Und plötzlich sah Tom Cotton ziemlich alt aus. Der Irakkriegsveteran und Jungstar des rechten Flügels der Republikaner im US-Senat hatte zu einem Town Hall Meeting geladen, jener Standardübung amerikanischer Demokratie, bei der gewählte Politiker sich in einer Turnhalle oder einem Gemeindezentrum den Fragen ihrer Wähler stellen. Doch statt handverlesener Parteianhänger stand Cotton am vergangenen Mittwoch in der Mittelschule von Springdale, Arkansas, vor gut 2000 zornigen Bürgern, die ihr Kreuz ziemlich sicher nicht bei seinem Namen gemacht hatten. „Ich bin eine wütende Bürgerin“, rief eine Frau, ehe sie Cotton erklärte, dass ihr Ehemann im Sterben liege. „Sie stehen da und erwarten von uns, dass wir ruhig, kühl und gefasst sind. Nun, was für eine Krankenversicherung haben denn Sie selbst?“

Cotton tat das, was Politiker stets tun, wenn sie sich vor peinlichen Antworten drücken wollen: Er drückte sich vor einer peinlichen Antwort. Dasselbe tat er, als eine junge Frau ihm erklärte, ohne die Ausweitung der Krankenversicherung unter Präsident Barack Obama, die er nun abzuschaffen gelobt, werde sie am vererblichen Ehlers-Danlos-Syndrom, einer seltenen Bindegewebserkrankung, sterben. Und als ein siebenjähriger Bub ihn fragte, wieso er sein geliebtes Kinderprogramm in dem staatlich finanzierten Fernsehsender PBS streichen, dafür aber eine viel teurere Mauer an der mexikanischen Grenze bauen wolle, verlor Cotton die Nerven und machte vorzeitig Schluss.


Vom Feind gelernt.
Dieses Beispiel war kein Einzelfall. In allen Wahlkreisen sahen sich republikanische Kongressabgeordnete und Senatoren in der vergangenen, sitzungsfreien Woche mit lautstarken Protesten konfrontiert. Die von Präsident Donald Trump geplante Abschaffung von Obamacare, also der ausgeweiteten Krankenversicherung, erzürnte diese Demonstranten ebenso wie seine Angriffe auf Muslime, Mexikaner und andere Minderheiten. Besonders peinliche Momente erlebten mehrere Republikaner, als sie gefragt wurden, was sie als fromme Christen von Trumps Aussage hielten, als Star könne man sich alles mit den Frauen leisten, einschließlich des Griffs in die Schamregion.
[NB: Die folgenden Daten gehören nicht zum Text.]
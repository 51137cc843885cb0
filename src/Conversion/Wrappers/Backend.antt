-- ===== src/Conversion/Wrappers/Backend.antt =====
-- packages/conversion-service: a conversion over the wrappers of this directory and the file access, which
-- are what the queue's `Backend` stands for.
use dynamic_conversion_servi.Prelude.{String, Bool, true, false, Option, none, some}
use dynamic_conversion_servi.Prelude.Action.{Result, ok, err}
use dynamic_conversion_servi.Conversion.{Status, Wrapper, ConversionFile, ConversionConfig}
use dynamic_conversion_servi.Conversion.Service.{Backend, ServiceState, wrap_conversion}
use dynamic_conversion_servi.Conversion.Life.{status_of}
use dynamic_conversion_servi.Conversion.FileIo.{FileSystem, delete_file}
use dynamic_conversion_servi.Conversion.Wrappers.Ffmpeg.{FfmpegApi}
use dynamic_conversion_servi.Conversion.Wrappers.Ffmpeg as Ffmpeg
use dynamic_conversion_servi.Conversion.Wrappers.ImageMagick.{GmApi}
use dynamic_conversion_servi.Conversion.Wrappers.ImageMagick as ImageMagick
use dynamic_conversion_servi.Conversion.Wrappers.Unoconv.Process.{
  ProcessApi, Target, target, rejected, awaited, convert_to_target, Conversion,
}

abbrev pub path_in : Target → Option String
path_in (target path) = some path
path_in rejected = none
path_in awaited = none

abbrev pub resolves : {E A : Type 0} → Result E A → Bool
resolves (ok a) = true
resolves (err e) = false

module _ {Codec Encoder Filter W : Type 0} (api : ProcessApi W) (fs : FileSystem W)
    (ffmpeg : FfmpegApi Codec Encoder Filter W) (gm : GmApi W) where
  -- `convert` of ConverterService, with the wrappers of `initializeConversionWrapperMap`
  unfoldable pub convert : Wrapper → ConversionFile → W → Option String × W
  unfolding Ffmpeg.convert_to_target ImageMagick.convert_to_target
  convert Wrapper.ffmpeg f w = Ffmpeg.convert_to_target ffmpeg f none w
  convert Wrapper.imagemagick f w = ImageMagick.convert_to_target gm f w
  convert Wrapper.unoconv f w =
      let (answer, w1) = convert_to_target api fs f w in (path_in answer, w1)

  abbrev pub wrappers : Backend W
  wrappers = record {
    convert_to_target = convert;
    delete_file = λ path w. let (r, w1) = delete_file fs (some path) w in (resolves r, w1);
  }

  -- The status of a file after its conversion.
  abbrev pub status_after : ConversionConfig → ConversionFile → ServiceState W → Option Status
  status_after config f s = status_of f.conversion_id (wrap_conversion wrappers config f s).1.queue
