-- ===== src/Conversion/Wrappers/Offered.antt =====
-- packages/conversion-service/src/service/conversion/index.ts: `supportsConversion` and
-- `getSupportedConversionFormats` over the three wrappers of this directory.
use dynamic_conversion_servi.Prelude.{String, Bool, ◌||◌, List, [], ◌∷◌}
use dynamic_conversion_servi.Conversion.{Wrapper}
use dynamic_conversion_servi.Conversion.Wrappers.{Format, Promised, and_then}
use dynamic_conversion_servi.Conversion.Wrappers.Unoconv as Unoconv
use dynamic_conversion_servi.Conversion.Wrappers.Unoconv.{Programs}
use dynamic_conversion_servi.Conversion.Wrappers.Ffmpeg as Ffmpeg
use dynamic_conversion_servi.Conversion.Wrappers.Ffmpeg.{FfmpegApi}
use dynamic_conversion_servi.Conversion.Wrappers.ImageMagick as ImageMagick

module _ {Codec Encoder Filter W : Type 0} (programs : Programs W)
    (ffmpeg : FfmpegApi Codec Encoder Filter W) where
  -- `supportsConversion`: the wrappers are asked one after the other, and a rejection of one is passed on.
  abbrev any_of : Promised Bool → Promised Bool → Bool → Promised Bool
  any_of by_ffmpeg by_unoconv by_imagemagick =
      and_then by_ffmpeg (λ f. and_then by_unoconv (λ u. Promised.value (f || by_imagemagick || u)))

  unfoldable pub supports_conversion : String → String → W → Promised Bool × W
  supports_conversion source target w =
      let (by_ffmpeg, w1) = Ffmpeg.can_convert ffmpeg source target w in
      let (by_unoconv, w2) = Unoconv.can_convert programs source target w1 in
      (any_of by_ffmpeg by_unoconv (ImageMagick.can_convert source target), w2)

  -- `getSupportedConversionFormats` of a wrapper
  unfoldable pub formats_of : Wrapper → W → Promised (List Format) × W
  unfolding Ffmpeg.get_supported_conversion_formats Unoconv.get_supported_conversion_formats
  formats_of Wrapper.ffmpeg w = Ffmpeg.get_supported_conversion_formats ffmpeg w
  formats_of Wrapper.imagemagick w = (Promised.value ImageMagick.formats, w)
  formats_of Wrapper.unoconv w = Unoconv.get_supported_conversion_formats programs w

  -- `Promise.all`: a rejection settles it, whatever is still open.
  abbrev cons_promised : {A : Type 0} → Promised A → Promised (List A) → Promised (List A)
  cons_promised Promised.rejected rest = Promised.rejected
  cons_promised _ Promised.rejected = Promised.rejected
  cons_promised (Promised.value a) (Promised.value rest) = Promised.value (a ∷ rest)
  cons_promised _ _ = Promised.never

  unfoldable pub all_formats : List Wrapper → W → Promised (List (List Format)) × W
  unfolding formats_of
  all_formats [] w = (Promised.value [], w)
  all_formats (wrapper ∷ wrappers) w =
      let (formats, w1) = formats_of wrapper w in
      let (rest, w2) = all_formats wrappers w1 in (cons_promised formats rest, w2)

  -- `new Set(...totalFormats)`: the constructor takes one argument, the first list.
  abbrev pub first_list : List (List Format) → List Format
  first_list [] = []
  first_list (formats ∷ rest) = formats

  -- `getSupportedConversionFormats` of the service, for the keys of its `converterMap`
  unfoldable pub get_supported_conversion_formats : List Wrapper → W → Promised (List Format) × W
  unfolding all_formats
  get_supported_conversion_formats wrappers w =
      let (total_formats, w1) = all_formats wrappers w in
      (and_then total_formats (λ lists. Promised.value (first_list lists)), w1)
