-- ===== src/Conversion/Wrappers/Unoconv/Texts.antt =====
-- Searching and trimming a text that is put together from parts.
use Prim.Native.Char.{Char, code}
use Prim.Native.String.{[], ◌∷◌}
use text.Mathlib.TextLemmas.{nil-append, cons-append}
use dynamic_conversion_servi.Prelude.{
  ℕ, zero, suc, ◌==◌, String, Bool, true, false, ◌||◌, Option, none, some, ◌≡◌, refl, ap, ◌∙◌, sym,
  arith, List,
}
use dynamic_conversion_servi.Prelude as Prelude
use dynamic_conversion_servi.Docker.Names.{concat}
use dynamic_conversion_servi.Conversion.Configuration.{split, trim_end}
use dynamic_conversion_servi.Conversion.Wrappers.Unoconv.Lines.{before_last, after_first, trim}

abbrev pub has_code : ℕ → String → Bool
has_code sep [] = false
has_code sep (c ∷ s) = code c == sep || has_code sep s

abbrev pub spaces : ℕ → String
spaces zero = []
spaces (suc n) = " " ∷ spaces n

module _ (sep : ℕ) where
  pub has_code-concat :
      (a s : String) → has_code sep a ≡ false → has_code sep (concat a s) ≡ has_code sep s
  has_code-concat [] s h = ap (has_code sep) (nil-append s)
  has_code-concat (c ∷ a) s h =
      ap (has_code sep) (cons-append c a s) ∙ ground (arith, has_code-concat a s)

  pub before_last_absent : (s : String) → has_code sep s ≡ false → before_last sep s ≡ none
  unfolding before_last
  before_last_absent [] h = refl
  before_last_absent (c ∷ s) h = ground (arith, before_last_absent s)

  -- What is in front of the last separator, when a text comes first.
  pub before_last-concat :
      (a s front : String)
      → before_last sep s ≡ some front
      → before_last sep (concat a s) ≡ some (concat a front)
  unfolding before_last
  before_last-concat [] s front h =
      ap (before_last sep) (nil-append s) ∙ h ∙ ap some (sym (nil-append front))
  before_last-concat (c ∷ a) s front h =
      ap (before_last sep) (cons-append c a s)
      ∙ rw (before_last-concat a s front h) (ap some (sym (cons-append c a front)))

  pub after_first-concat :
      (a s : String) → has_code sep a ≡ false → after_first sep (concat a s) ≡ after_first sep s
  unfolding after_first
  after_first-concat [] s h = ap (after_first sep) (nil-append s)
  after_first-concat (c ∷ a) s h =
      ap (after_first sep) (cons-append c a s) ∙ ground (arith, after_first-concat a s)

  pub split-concat :
      (a : String) (c : Char) (s : String)
      → has_code sep a ≡ false
      → code c ≡ sep
      → split sep (concat a (c ∷ s)) ≡ Prelude.◌∷◌ a (split sep s)
  unfolding split
  split-concat [] c s h e = ap (split sep) (nil-append (c ∷ s)) ∙ ground arith
  split-concat (b ∷ a) c s h e =
      ap (split sep) (cons-append b a (c ∷ s)) ∙ ground (arith, split-concat a c s)

trim_end-spaces : (n : ℕ) → trim_end (spaces n) ≡ []
unfolding trim_end
trim_end-spaces zero = refl
trim_end-spaces (suc n) = rw (trim_end-spaces n) refl

pub trim_end-concat : (s : String) (n : ℕ) → trim_end (concat s (spaces n)) ≡ trim_end s
unfolding trim_end
trim_end-concat [] n = ap trim_end (nil-append (spaces n)) ∙ trim_end-spaces n
trim_end-concat (c ∷ s) n = ap trim_end (cons-append c s (spaces n)) ∙ rw (trim_end-concat s n) refl

pub trim_end_idem : (s : String) → trim_end (trim_end s) ≡ trim_end s
unfolding trim_end
trim_end_idem [] = refl
trim_end_idem (c ∷ s) = ground (arith, trim_end_idem s)

trim-spaces : (n : ℕ) → trim (spaces n) ≡ []
unfolding trim
trim-spaces zero = refl
trim-spaces (suc n) = trim-spaces n

-- Spaces behind a text are trimmed off.
pub trim-concat : (s : String) (n : ℕ) → trim (concat s (spaces n)) ≡ trim s
unfolding trim
trim-concat [] n = ap trim (nil-append (spaces n)) ∙ trim-spaces n
trim-concat (c ∷ s) n =
    ap trim (cons-append c s (spaces n))
    ∙ ground (
      arith,
      trim-concat s n,
      ap trim_end (cons-append c s (spaces n)),
      trim_end-concat (c ∷ s) n,
    )

-- Spaces in front are trimmed off.
pub trim_behind_space : (s : String) → trim (" " ∷ s) ≡ trim s
unfolding trim
trim_behind_space s = refl
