-- ===== src/Conversion/Wrappers/Paths.antt =====
-- packages/conversion-service: where ImageMagick writes a result, and where the status handler looks for it.
use Prim.Native.Char.{Char, code}
use Prim.Native.String.{[], ◌∷◌}
use dynamic_conversion_servi.Prelude.{◌==◌, String, Bool, true, ◌&&◌, ◌||◌, leb, ◌≡◌}
use dynamic_conversion_servi.Conversion.Wrappers.ImageMagick.{replace}

-- The characters of a UUID.
abbrev pub is_uuid_char : Char → Bool
is_uuid_char c =
    (leb b'0' (code c) && leb (code c) b'9')
    || (leb b'a' (code c) && leb (code c) b'f')
    || code c == b'-'

abbrev pub is_uuid : String → Bool
is_uuid [] = true
is_uuid (c ∷ s) = is_uuid_char c && is_uuid s

-- A text in front of another, character by character.
abbrev glue : String → String → String
glue [] s = s
glue (c ∷ p) s = c ∷ glue p s

-- A source format that is met for the first time behind the dot.
abbrev IsMet : String → String → Type 0
IsMet source target =
    (replace source target ("." ∷ source) ≡ "." ∷ target)
    × ((c : Char) (s : String)
        → is_uuid_char c ≡ true
        → replace source target (c ∷ s) ≡ c ∷ replace source target s)
    × ((s : String)
        → replace source target (glue "output/" s) ≡ glue "output/" (replace source target s))
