-- ===== src/Conversion/Wrappers/Unoconv/Show.antt =====
-- What `unoconv --show` writes: for each of the four sections the heading, an empty line, the formats and
-- an empty line.
use Prim.Native.String as Text
use Prim.Native.String.{◌∷◌}
use dynamic_conversion_servi.Prelude.{ℕ, suc, String, List, ◌++◌, map, ◌≡◌, ◌≢◌, false, Option, All}
use dynamic_conversion_servi.Prelude as Prelude
use dynamic_conversion_servi.Docker.Names.{concat}
use dynamic_conversion_servi.Conversion.Wrappers.Unoconv.{
  Section, heading, FileFormat, FormatList, Detected, resolved, not_detected,
}
use dynamic_conversion_servi.Conversion.Wrappers.Unoconv.Lines.{trim}
use dynamic_conversion_servi.Conversion.Wrappers.Unoconv.Texts.{has_code, spaces}

-- A format with the number of spaces that fill its column.
pub record Shown : Type 0 where
  pub format : String
  pub padding : ℕ
  pub description : String
  pub extension : String

pub record Listing : Type 0 where
  pub document : List Shown
  pub graphics : List Shown
  pub presentation : List Shown
  pub spreadsheet : List Shown

-- `  odt      - ODF Text Document [.odt]`
abbrev pub behind_dash : Shown → String
behind_dash f = " " ∷ concat f.description (" " ∷ "[" ∷ "." ∷ concat f.extension "]")

unfoldable pub show_line : Shown → String
show_line f = " " ∷ " " ∷ concat f.format (concat (spaces (suc f.padding)) ("-" ∷ behind_dash f))

abbrev pub show_section : Section → List Shown → List String
show_section section fs =
    Prelude.◌∷◌ (heading section)
      (Prelude.◌∷◌ Text.[] (map show_line fs ++ Prelude.◌∷◌ Text.[] Prelude.[]))

abbrev pub show_lines : Listing → List String
show_lines l =
    show_section Section.documents l.document
    ++ show_section Section.drawings l.graphics
    ++ show_section Section.presentations l.presentation
    ++ show_section Section.spreadsheets l.spreadsheet

-- Each line ends in `\n`.
abbrev pub unlines : List String → String
unlines Prelude.[] = Text.[]
unlines (Prelude.◌∷◌ line lines) = concat line ("\n" ∷ unlines lines)

abbrev pub show : Listing → String
show l = unlines (show_lines l)

-- The parts are not empty, have no space around them and hold no `-`, `[` or line end, of which JavaScript
-- knows four.
abbrev pub IsPart : String → Type 0
IsPart s =
    (s ≢ Text.[])
    × (trim s ≡ s)
    × (has_code b'-' s ≡ false)
    × (has_code b'[' s ≡ false)
    × (has_code b'\n' s ≡ false)
    × (has_code 13 s ≡ false)
    × (has_code 8232 s ≡ false)
    × (has_code 8233 s ≡ false)

abbrev pub IsShown : Shown → Type 0
IsShown f = IsPart f.format × IsPart f.description × IsPart f.extension

abbrev pub IsListing : Listing → Type 0
IsListing l =
    All IsShown l.document
    × All IsShown l.graphics
    × All IsShown l.presentation
    × All IsShown l.spreadsheet

-- All that is listed, in the order of the sections.
abbrev pub entries : Listing → List Shown
entries l = l.document ++ l.graphics ++ l.presentation ++ l.spreadsheet

-- What a listing with these entries and formats is detected as.
abbrev pub detected_as : List Shown → FormatList → Detected
detected_as Prelude.[] fs = not_detected
detected_as (Prelude.◌∷◌ e es) fs = resolved fs

-- The format that a shown one stands for.
abbrev pub file_format : (String → Option String) → Shown → FileFormat
file_format get_type f = record {
  description = f.description;
  extension = f.extension;
  format = f.format;
  mime = get_type f.extension;
}

abbrev pub format_list : (String → Option String) → Listing → FormatList
format_list get_type l = record {
  document = map (file_format get_type) l.document;
  graphics = map (file_format get_type) l.graphics;
  presentation = map (file_format get_type) l.presentation;
  spreadsheet = map (file_format get_type) l.spreadsheet;
}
Diese Welle öffentlichen Protests gleich zu Beginn der Amtszeit des neuen Präsidenten erinnert an den Aufstand der rechtspopulistischen Tea-Party-Bewegung nach Barack Obamas Angelobung vor acht Jahren. Das ist kein Zufall. Denn obwohl der Widerstand gegen Trump und die republikanische Kongressmehrheit sich aus vielen Ecken der Bevölkerung speist, liegt ihm ein wohldurchdachtes Handbuch für wirksames direktes politisches Tun zugrunde. Eine Handvoll ehemaliger Assistenten demokratischer Kongressabgeordneter hat sich unter der Parole „Indivisible“ („Unteilbar“) aus dem Treueschwur auf die Nation zusammengeschlossen, um die Republikaner mit ihren eigenen Waffen zu schlagen.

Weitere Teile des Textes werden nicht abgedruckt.